Nocna suka (2024) – recenzja filmu [Disney+]. Jesteś matką, jesteś potworem

Nocna suka (2024) – recenzja i opinia o filmie [Disney+]. Jesteś matką, jesteś potworem

Iza Łęcka | Wczoraj, 22:25

Disney+ w styczniu otrzymał kilka interesujących nowości, wśród których moją największą uwagę zwrócił film z Amy Adams. Historia pewnej matki porusza, ale czy na tyle mocno, by jej kluczowy przekaz wybrzmiał ze zdwojoną siłą? Zapraszam do recenzji „Nocnej suki”.

Macierzyństwo jest konceptem, który pod wieloma względami wywołuje ogromne emocje. Regularnie kładzione na piedestał przez polityków Zachodu, którzy z paniką w oczach patrzą na słupki urodzeń od kilku dekad i próbują wszelkimi sposobami skłonić kobiety do rodzenia, jest wyśmiewane przez część młodego pokolenia, które w sprowadzeniu na świat dziecka upatruje kolejny gwóźdź do trumny płonącej planety i zbytnie poświęcenie. Socjologowie analizują rolę matki w kontekście społeczeństwa, psychologowie i terapeuci wiedzą, że matka „jest wszystkiemu winna”, a artyści próbują ją pokazać z różnych stron. Do tego grona od dłuższego czasu dołączają także filmowcy, którzy próbują odczarować stereotypowe postrzeganie zarówno kobiet, jak i mężczyzn w rolach rodziców.

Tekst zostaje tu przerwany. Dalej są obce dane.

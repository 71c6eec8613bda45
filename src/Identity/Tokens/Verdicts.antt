-- ===== src/Identity/Tokens/Verdicts.antt =====
-- Which tokens `parse` accepts.
use pda_backend.Common.{
  ℕ, ◌≤◌, ◌<◌, String, ◌≡◌, refl, ◌≢◌, some, [], ◌∷◌, Bool, true, false, ◌||◌, ◌==◌, arith, eq_iff,
  eqb, ap, ◌∙◌, if◌then◌else◌, inl, inr, Option-cases, Bool-cases,
}
use Prim.Native.Char.{code}
use Prim.Native.String.{◌++◌}
use text.Mathlib.TextLemmas.{cons-append, nil-append, append_assoc}
use pda_backend.Identity.Ports.{got}
use pda_backend.Identity.Operators.{same_codes_refl}
use pda_backend.Identity.Sessions.{TokenClaims}
use pda_backend.Identity.Tokens.{
  Packages, Signer, Bytes, TokenHeader, split_dots, dotted, at_second, sign, parse, parse_three,
  parse_parts, parse_payload, check_claims, is_signed, header, is_rsa, signature_of,
}

abbrev pub has_dot : String → Bool
has_dot String.[] = false
has_dot (String.◌∷◌ c s) = eqb (code c) b'.' || has_dot s

-- What the packages document: base64 reads back what it writes, in an alphabet without a full stop,
-- and a signature verifies under the public key of its private key.
pub record AreSound {PrivateKey PublicKey : Type 0} (packages : Packages PrivateKey PublicKey)
    (public_of : PrivateKey → PublicKey) : Type 0 where
  pub decode-encode : (b : Bytes) → packages.decode_64 (packages.encode_64 b) ≡ some b
  pub alphabet : (b : Bytes) → has_dot (packages.encode_64 b) ≡ false
  pub verify-sign :
      (key : PrivateKey) (text : String) (s : Bytes)
      → packages.sign_rsa key text ≡ some s
      → packages.verify_rsa (public_of key) text s ≡ true

-- JSON reads back a header and the claims that it wrote.
pub record AreReadBack {PrivateKey PublicKey : Type 0} (packages : Packages PrivateKey PublicKey)
    (h : TokenHeader) (c : TokenClaims) : Type 0 where
  pub read-write_header : packages.read_header (packages.write_header h) ≡ some h
  pub read-write_claims :
      (b : Bytes) → packages.write_claims c ≡ some b → packages.read_claims b ≡ some c

split-dotted : (a b : String) → has_dot a ≡ false → split_dots (dotted a b) ≡ a ∷ split_dots b
unfolding split_dots
split-dotted String.[] b plain =
    ap split_dots (nil-append ("." ++ b))
    ∙ ap split_dots (cons-append "." String.[] b)
    ∙ ap (λ t. "" ∷ split_dots t) (nil-append b)
split-dotted (String.◌∷◌ c a) b plain =
    ap split_dots (cons-append c a ("." ++ b)) ∙ ground (arith, split-dotted a b)

split-plain : (a : String) → has_dot a ≡ false → split_dots a ≡ a ∷ []
unfolding split_dots
split-plain String.[] plain = refl
split-plain (String.◌∷◌ c a) plain = ground (arith, split-plain a)

split-three :
    (a b c : String)
    → has_dot a ≡ false
    → has_dot b ≡ false
    → has_dot c ≡ false
    → split_dots (dotted (dotted a b) c) ≡ a ∷ b ∷ c ∷ []
split-three a b c plain_a plain_b plain_c =
    ap split_dots (append_assoc a ("." ++ b) ("." ++ c))
    ∙ ap (λ t. split_dots (a ++ t)) (append_assoc "." b ("." ++ c))
    ∙ split-dotted a (dotted b c) plain_a
    ∙ ap (λ parts. a ∷ parts)
        (split-dotted b c plain_b ∙ ap (λ parts. b ∷ parts) (split-plain c plain_c))

module _ {PrivateKey PublicKey : Type 0} (packages : Packages PrivateKey PublicKey)
    (m : Signer PrivateKey PublicKey) where
  checked :
      (c : TokenClaims) (now : ℕ)
      → c.issuer ≡ m.issuer
      → c.audience ≡ m.audience
      → c.operator_id ≢ ""
      → c.session_id ≢ ""
      → at_second c.not_before ≤ now
      → now < at_second c.expires_at
      → check_claims packages m c now ≡ got c
  unfolding check_claims
  checked c now same_issuer same_audience someone session begun unexpired = ground (
    arith,
    eq_iff c.issuer m.issuer,
    eq_iff c.audience m.audience,
    eq_iff c.operator_id "",
    eq_iff c.session_id "",
  )

  module _ (public_of : PrivateKey → PublicKey) (sound : AreSound packages public_of)
      (published : m.public_keys m.key_id ≡ some (public_of m.private_key)) where
    signed :
        (text : String) (s : Bytes)
        → signature_of packages m text ≡ some s
        → is_signed packages m (header packages m) text s ≡ true
    unfolding is_signed
    signed text s made =
        let key : m.public_keys (header packages m).key_id ≡ some (public_of m.private_key) =
          published in
        elim (Bool-cases (is_rsa packages m)) [
          | inl rsa ↦
              let named : ((header packages m).alg == "RS256") ≡ true =
                ap (λ b. (if b then "RS256" else "HS256") == "RS256") rsa in
              ground (arith, sound.verify-sign m.private_key text s)
          | inr hmac ↦
              let named : ((header packages m).alg == "HS256") ≡ true =
                ap (λ b. (if b then "RS256" else "HS256") == "HS256") hmac in
              ground (arith, same_codes_refl (packages.hmac m.secret text))
        ]

    -- `parse` reads back the claims that `sign` wrote, under either algorithm, when they name an
    -- operator, a session and the issuer and audience of the manager, and between their two times;
    -- where base64 and JSON read back what they write and the published key is that of the private
    -- key.
    pub parse-sign :
        (c : TokenClaims) (token : String) (now : ℕ)
        → AreReadBack packages (header packages m) c
        → sign packages m c ≡ some token
        → c.issuer ≡ m.issuer
        → c.audience ≡ m.audience
        → c.operator_id ≢ ""
        → c.session_id ≢ ""
        → at_second c.not_before ≤ now
        → now < at_second c.expires_at
        → parse packages m token now ≡ got c
    unfolding sign parse parse_three parse_parts parse_payload
    parse-sign c token now json made same_issuer same_audience someone session begun unexpired =
        elim (Option-cases (packages.write_claims c)) [
          | inl unwritten ↦ ground arith
          | inr (p, written) ↦
              let h = packages.write_header (header packages m) in
              let text = dotted (packages.encode_64 h) (packages.encode_64 p) in
              elim (Option-cases (signature_of packages m text)) [
                | inl unsigned ↦ ground arith
                | inr (s, signature) ↦ ground (
                  arith,
                  split-three (packages.encode_64 h) (packages.encode_64 p) (packages.encode_64 s)
                      (sound.alphabet h) (sound.alphabet p) (sound.alphabet s),
                  sound.decode-encode h,
                  sound.decode-encode p,
                  sound.decode-encode s,
                  json.read-write_header,
                  json.read-write_claims p written,
                  signed text s signature,
                  checked c now same_issuer same_audience someone session begun unexpired,
                )
              ]
        ]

Dalsza część tekstu pod wideo

Mama, mamusia, madka, rodzicielka – określeń dotyczących kobiet, które urodziły dzieci, jest naprawdę sporo, a każde z nich jest nacechowane emocjonalnie. Z tymi emocjami – całym wachlarzem przemyśleń – próbuje wejść w dialog Marielle Heller, reżyserka i scenarzystka „Nocnej suki”.

Nocna suka (2024) – recenzja filmu [Disney+]. Macierzyństwo to krew, pot i łzy?

undefined

Codzienność Matki od dłuższego czasu wygląda niemal tak samo. Pobudka, śniadanie, zabawa, wizyta w sklepie i na placu zabaw, obiad, walka w kąpieli oraz nieudane próby uspania do późnych godzin. Matka zmieniła całe swoje życie dla Syna – kiedyś była prężnie rozwijającą się artystką, która wystawiała prace w galeriach i miała głowę pełną pomysłów na nowe projekty, dzisiaj z bolesnością doświadcza mgły mózgowej, zastanawiając się, czy ma szansę powrócić do formy intelektualnej (i tej fizycznej) sprzed ciąży, walczy, czytając po raz kolejny tę samą opowiastkę na dobranoc, i jest przepełniona żalem. Nie, ona kocha swoje dziecko i zrobiłaby dla niego wszystko. Nawet poświęciła siebie...

Monotonia codzienności i wzbierający w Matce żal sprawiają, że nie tylko raz za razem ma pretensje do męża, który rzadko pojawia się w domu, bo pracuje w delegacji i tak właściwie jest gościem we własnym domu, nie dogaduje się z innymi matkami z przyczepionym uśmiechem, ale przede wszystkim zachodzą w niej zmiany. Niepokojące fizyczne zmiany... A to rosną jej trzy pary dodatkowych sutków, zęby stają się coraz ostrzejsze, węch wyczulony na wszystko. Do tego dochodzą niepokojące wizje... Dzikie wizje, które nie wiadomo, czy są marzeniami sennymi, czy jednak jej nową rzeczywistością. Matka zamienia się w zwierzę.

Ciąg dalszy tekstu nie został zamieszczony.